Data after Sentence Pruning:


food => Our food was delicious.
restaurant => The restaurant became noisier as the evening progressed but
because we were in one of the intimate side sections, the noise never became
overwhelming.

As you can see we have pruned first sentence, as it doesn’t contain in any
extracted feature.

Type Dependencies on Pruned Set of Sentences


We use the pruned set of sentences for each restaurant that contain the
features from the Sentence Pruning step and run type dependency parser on
these sentences for each Restaurant. We have used Stanford Parser to output
type dependency format for each sentence. Stanford parser uses dot,
exclamation mark and hyphen as a sentence boundary. We have used same
boundaries for extracting sentences from reviews. We store type dependency
for each sentence.
Example:
The type dependency generated for a sentence below is as follows
we run it as follows using LexicalParser and output only the dependencies.
java -mx1200m -cp "$scriptdir/stanford-parser.jar:"
edu.stanford.nlp.parser.lexparser.LexicalizedParser -outputFormat
"typedDependencies" $scriptdir/englishPCFG.ser.gz $*

Feature => Sentence pair:


staff => staff was super attentive.
food => the food was brilliant.
ambience => the ambiance and decor excellent.

Ouput of the parser.


nsubj(attentive-4, staff-1)
cop(attentive-4, was-2)
amod(attentive-4, super-3)
det(food-7, the-6)
nsubj(brilliant-9, food-7)
cop(brilliant-9, was-8)
ccomp(attentive-4, brilliant-9)
det(ambiance-12, the-11)
dep(excellent-15, ambiance-12)
conj_and(ambiance-12, decor-14)
dep(excellent-15, decor-14)
ccomp(attentive-4, excellent-15)

We generate separate files(196 files) for each Restaurant with all sentences,
which contain features. They are followed by the Type Dependencies as in
the above format. We call this the dependencies file for each Restaurant.
Once we have these dependencies file we extract the opinions about each
feature by running our SentenceAnalyser script.

Opinion Extraction
We have implemented a Perl script that performs the Opinion Extraction
from the dependencies file for each restaurant. We have automated this task
by having a single script that calls our SentenceAnalyser on each of the
Restaurant dependency files. The script takes three input files and produces
one output file.
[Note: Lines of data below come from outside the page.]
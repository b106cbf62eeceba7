-- ===== src/Series/Tests.antt =====
-- A series of sums.
use contention_prof.Base.{ℕ, ◌+◌, ◌≡◌, refl, List, replicate, length}
use contention_prof.Series.{SeriesBase, append_all, append_second, append_minute, sum_from}
use contention_prof.Series.Cascade.{IsAt, append_all-IsAt}

abbrev plus : ℕ → ℕ → ℕ
plus a b = a + b

abbrev blank : SeriesBase ℕ
blank = record { nsecond = 0; nminute = 0; nhour = 0; nday = 0; data_array = λ i. 0 }

-- a minute of twos
abbrev minute : List ℕ
minute = replicate 60 2

minute_sum : (append_all plus minute blank).data_array 60 ≡ 120
unfolding append_second append_minute sum_from
minute_sum = refl

append_all-IsAt_example : IsAt (0 + length minute) (append_all plus minute blank)
append_all-IsAt_example = append_all-IsAt plus minute blank 0 (refl, refl, refl, refl)
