-- ===== src/SpeedLimit/Sampling.antt =====
-- Which events `is_collectable` samples.
use contention_prof.Base.{
  ℕ, zero, suc, ◌+◌, ◌%◌, ◌^◌, ◌≤◌, ◌<◌, ◌≡◌, refl, ◌∙◌, ap, true, false, arith, ltb, leb, ◌==◌,
  if◌then◌else◌, List, [], ◌∷◌, length,
}
use contention_prof.Base.Int.{pos}
use contention_prof.SpeedLimit.{
  SpeedLimit, initial, sampling_base, is_collectable, is_collectable_before_first_time_grabbed,
}
use contention_prof.SpeedLimit.Range.{IsValid}

module _ (expected monotonic_us : ℕ) (sl : SpeedLimit) where
  -- how many of the random words 0, …, n - 1 are sampled
  pub accepted : ℕ → ℕ
  accepted zero = 0
  accepted (suc n) =
      accepted n + (if (is_collectable expected monotonic_us n sl).range == 0 then 0 else 1)

  accepted_below :
      (n : ℕ)
      → sl.ever_grabbed ≡ true
      → IsValid sl
      → n ≤ sampling_base
      → accepted n ≡ (if ltb n sl.sampling_range then n else sl.sampling_range)
  unfolding is_collectable accepted
  accepted_below zero grabbed v h = ground (arith, v.above_zero)
  accepted_below (suc n) grabbed v h =
      ground (arith, accepted_below n grabbed v (omega arith), v.above_zero, grabbed)

  -- Once a limit with a range between 1 and the base was grabbed, exactly sampling_range of the
  -- 16384 values of the random bits are sampled.
  pub accepted_lem :
      sl.ever_grabbed ≡ true → IsValid sl → accepted sampling_base ≡ sl.sampling_range
  accepted_lem grabbed v = ground (arith, accepted_below sampling_base grabbed v, v.within)

  -- The answer depends on the low 14 bits of the random word alone.
  pub is_collectable-mod :
      (random : ℕ)
      → is_collectable expected monotonic_us random sl
        ≡ is_collectable expected monotonic_us (random % sampling_base) sl
  unfolding is_collectable
  is_collectable-mod random =
      ap
        (λ n.
          if sl.ever_grabbed
          then record {
            range = if leb sl.sampling_range n then 0 else sl.sampling_range;
            limit = sl;
            wakes = false;
          }
          else is_collectable_before_first_time_grabbed expected monotonic_us sl)
        (omega arith)

-- The limit after events at the given times, none of them after a grab.
pub calls : (expected : ℕ) → List ℕ → SpeedLimit → SpeedLimit
calls expected [] sl = sl
calls expected (t ∷ ts) sl = calls expected ts (is_collectable expected t 0 sl).limit

calls_later :
    (expected : ℕ) (ts : List ℕ) (sl : SpeedLimit) (n : ℕ)
    → sl.ever_grabbed ≡ false
    → sl.count_before_grabbed ≡ n
    → 0 < n
    → n + length ts < 2 ^ 32
    → calls expected ts sl ≡ record sl { count_before_grabbed = n + length ts }
unfolding calls is_collectable is_collectable_before_first_time_grabbed
calls_later expected [] sl n fresh count some_before small = ground arith
calls_later expected (t ∷ ts) sl n fresh count some_before small =
    let next = record sl { count_before_grabbed = n + 1 } in
    let now : (is_collectable expected t 0 sl).limit ≡ next = ground (arith) in
    ap (calls expected ts) now
    ∙ calls_later expected ts next (n + 1) fresh refl (omega arith) (omega arith)
    ∙ ap (λ k. record sl { count_before_grabbed = k }) (omega arith)

-- Events before the first grab, fewer than 2 ^ 32 of them, are counted, the time of the first is
-- kept and the range stays the base.
pub calls_before_grab :
    (expected t : ℕ) (ts : List ℕ)
    → length ts + 1 < 2 ^ 32
    → calls expected (t ∷ ts) initial
      ≡ record initial { count_before_grabbed = 1 + length ts; first_sample_real_us = pos t }
unfolding calls is_collectable is_collectable_before_first_time_grabbed
calls_before_grab expected t ts small =
    calls_later expected ts
      (record initial { count_before_grabbed = 1; first_sample_real_us = pos t }) 1 refl refl
      (omega arith) (omega arith)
The first input file is the Restaurant review sentences and the
second file is the feature for each sentence and third file is the Type
dependencies (dependencies file) for each Sentence. The input files have one
to one correspondence on line level.

Restaurant1FeaturesFile Line 1 -> Restaurant1ReviewSentencesFile Line 1


Restaurant1FeaturesFile Line 2-> Restaurant1ReviewSentencesFile Line 2
...
Restaurant1FeaturesFile Line N -> Restaurant1ReviewSentencesFile Line
N
we use the three important type dependencies in doing opinion word
extraction for given feature.

1) nsubj : nominal subject


A nominal subject is a noun phrase which is the syntactic subject of a clause.
The governor of this relation might not always be a verb: when the verb is a
copular verb, the root of the clause is the complement of the copular verb.
Example:-
“Clinton defeated Dole” nsubj(defeated, Clinton)
“The baby is cute” nsubj(cute, baby)

2) amod: adjectival modifier


An adjectival modifier of an NP is any adjectival phrase that serves to
modify the meaning of the NP.
Example
“Sam eats red meat” amod(meat, red)
3) neg: negation modifier
The negation modifier is the relation between a negation word and the word
it modifies.
Example
“Bill is not a scientist” neg(scientist, not)
“Bill doesn’t drive” neg(drive, n’t)

The SentenceAnalyser takes the dependencies files and extracts "nsubj",


"amod" and "neg" tags and interprets them to extract opinions of a feature.
For example consider the sentence below.
"staff was super attentive , the food was brilliant , the ambiance and decor
excellent."
We have already extracted the features like "staff", "food" and "ambiance"
from our feature extraction step. We then look for these features in the nsubj,
amod and neg tags to obtain opinions. For example from the dependencies
above we have only "nsubj" and "amod" tags to identify opinions about the
sentence.
nsubj(attentive-4, staff-1)
amod(attentive-4, super-3)
nsubj(brilliant-9, food-7)
We report opinions as follows for each sentence and store the results in
another file called summaryFile per Restaurants.
"staff" -> "super","attentive"
"food" -> "brilliant"
Even though we identified "staff", "food", "ambiance" and "decor" as
features we could get opinion information only about staff and food looking
at the dependencies.
In the above example, we identified "attentive" as well as "super" to be
opinion words for "staff". We do that by looking at if any of the features has
an nsubj and if so we get the opinion identifier and see if there is any other
adjective modifying the opinion adjective, which in the above case is
“super”, which is modifying "attentive". Here even though "super" seems to
be an intensifying the opinion "attentive" we currently report it as an
"opinion".
We also try to identify negation of opinion words, which will invert the
polarity of an opinion.

Example
"we both felt that the clam chowder broth was really thin and not as creamy
and thick as previous trips"
nsubj(felt-3, we-1)
nsubj(thin-11, broth-8)
nsubj(creamy-15, broth-8)
advmod(creamy-15, as-14)
ccomp(felt-3, creamy-15)
amod(trips-20, previous-19)
prep_as(thin-11, trips-20)

So we extract "broth" and "chowder" as features and identify the opinion


words from the type dependencies below
nsubj(thin-11, broth-8)
neg(creamy-15, not-13)
We identify the opinion words for "broth" as "~creamy" and "thin" as shown
below. We have put a tilde "~" before the opinion word to signify a negation
in polarity.
"broth"->~creamy,thin
We did not get any opinion about "chowder" from the type dependencies.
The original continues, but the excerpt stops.